■ Entries taken from a collection
----
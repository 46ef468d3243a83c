-- ===== src/Gateway/Sockets.antt =====
-- The socket helpers of src/gpibsrv/gpibsrv.c.
use jornada_gpib.Prelude.{
  ℕ, zero, suc, List, [], ◌∷◌, length, take, drop, none, some, ℤ, pos, negsuc, bits32,
}
use jornada_gpib.Runtime.Memory.{Memory}
use jornada_gpib.Runtime.Strings.{strlen}
use jornada_gpib.Runtime.Format.{Args, vfmt8}
use jornada_gpib.Gateway.State.{Net, G, ◌>>=◌, give, waits, done}

-- The first `n` bytes of memory.
abbrev pub bytes_of : (n : ℕ) → Memory → List ℕ
bytes_of zero m = []
bytes_of (suc n) m = m 0 ∷ bytes_of n (λ i. m (suc i))

-- if (n <= 0) return; or on with the data from the n-th byte, the one after `k` others.
abbrev pub after_send : ℤ → (ℕ → G (Unit {0})) → G (Unit {0})
after_send (negsuc m) rest = give tt
after_send (pos zero) rest = give tt
after_send (pos (suc k)) rest = rest k

module _ ⦃net : Net⦄ where
  unfoldable pub send : List ℕ → G ℤ
  send bytes s =
      let n : ℤ = net.sends s.sent bytes in
      done n (record s { sent = record { bytes = bytes; answer = n } ∷ s.sent })

  -- The loop, for `rounds` calls of `send` at most. Each takes a byte or more, or is the last.
  unfoldable pub send_loop : (rounds : ℕ) → List ℕ → G (Unit {0})
  unfolding send give
  send_loop rounds [] = give tt
  send_loop zero (b ∷ bs) = waits
  send_loop (suc rounds) (b ∷ bs) = do
    n ← send (b ∷ bs)
    after_send n (λ k. send_loop rounds (drop k bs))

  unfoldable pub send_all : List ℕ → G (Unit {0})
  unfolding send_loop
  send_all data' = send_loop (length data') data'

  -- `text` is the bytes from the address on.
  unfoldable pub send_text : List ℕ → G (Unit {0})
  unfolding send_all
  send_text text = send_all (take (strlen text) text)

  -- "%d\n"
  abbrev pub number_format : List ℕ
  number_format = 0x25 ∷ 0x64 ∷ 0x0a ∷ []

  -- The arguments of a call with one argument, an `int`.
  abbrev pub int_args : ℤ → Args
  int_args v = record { word = λ i. bits32 v; wide_at = λ w. []; narrow_at = λ w. [] }

  -- The contents of the 16 bytes of `buf`, before whose NUL the number stands.
  unfoldable pub number_text : ℤ → List ℕ
  unfolding vfmt8
  number_text v = elim (vfmt8 (λ i. 0) 16 number_format (int_args v)) [
    | none ↦ []
    | some (s, n) ↦ bytes_of 16 s.out
  ]

  unfoldable pub send_number : ℤ → G (Unit {0})
  unfolding send_text number_text
  send_number v = send_text (number_text v)
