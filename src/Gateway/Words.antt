-- ===== src/Gateway/Words.antt =====
-- The words and numbers of a controller command in src/gpibsrv/gpibsrv.c. A string is the bytes before
-- its NUL.
use jornada_gpib.Prelude.{
  ℕ, ◌+◌, ◌-◌, ◌*◌, ◌%◌, ◌^◌, Bool, true, false, not, ◌&&◌, ◌==◌, leb, if◌then◌else◌, List, [], ◌∷◌,
  ℤ, int_of,
}

-- The string at an address: the bytes before the first NUL.
unfoldable pub c_string : List ℕ → List ℕ
c_string [] = []
c_string (c ∷ cs) = let rest = c ∷ c_string cs in if c == 0 then [] else rest

-- while (*s == ' ') s++;
abbrev pub skip_spaces : List ℕ → List ℕ
skip_spaces [] = []
skip_spaces (c ∷ cs) = let rest = skip_spaces cs in if c == 0x20 then rest else c ∷ cs

-- The loop over the digits, `v` the pattern of the `int`, which wraps in the machine, and `any`.
abbrev pub read_digits : (v : ℕ) (any : Bool) → List ℕ → ℕ × Bool
read_digits v any [] = (v, any)
read_digits v any (c ∷ cs) =
    let rest = read_digits ((v * 10 + (c - 0x30)) % 2 ^ 32) true cs in
    if leb 0x30 c && leb c 0x39 then rest else (v, any)

-- `*out`, and what is returned.
unfoldable pub parse_int : List ℕ → ℤ × Bool
parse_int s = let (v, any) = read_digits 0 false (skip_spaces s) in (int_of v, any)

-- while (*s != 0 && *s != ' ') s++;
abbrev pub skip_letters : List ℕ → List ℕ
skip_letters [] = []
skip_letters (c ∷ cs) = let rest = skip_letters cs in if not (c == 0x20) then rest else c ∷ cs

unfoldable pub skip_word : List ℕ → List ℕ
skip_word s = skip_spaces (skip_letters s)

-- s[i] == 0 || s[i] == ' '
abbrev pub at_end : List ℕ → Bool
at_end [] = true
at_end (c ∷ cs) = c == 0x20

unfoldable pub starts_with : (s word : List ℕ) → Bool
starts_with s [] = at_end s
starts_with [] (w ∷ ws) = false
starts_with (c ∷ cs) (w ∷ ws) = let rest = starts_with cs ws in if not (c == w) then false else rest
----
■ WORK ORDER
Lines with the word "none" in them should be copied from the preceding records.

■ THE ANSWER
  ℕ, zero, suc, List, [], ◌∷◌, length, take, drop, none, some, ℤ, pos, negsuc, bits32,
    | none ↦ []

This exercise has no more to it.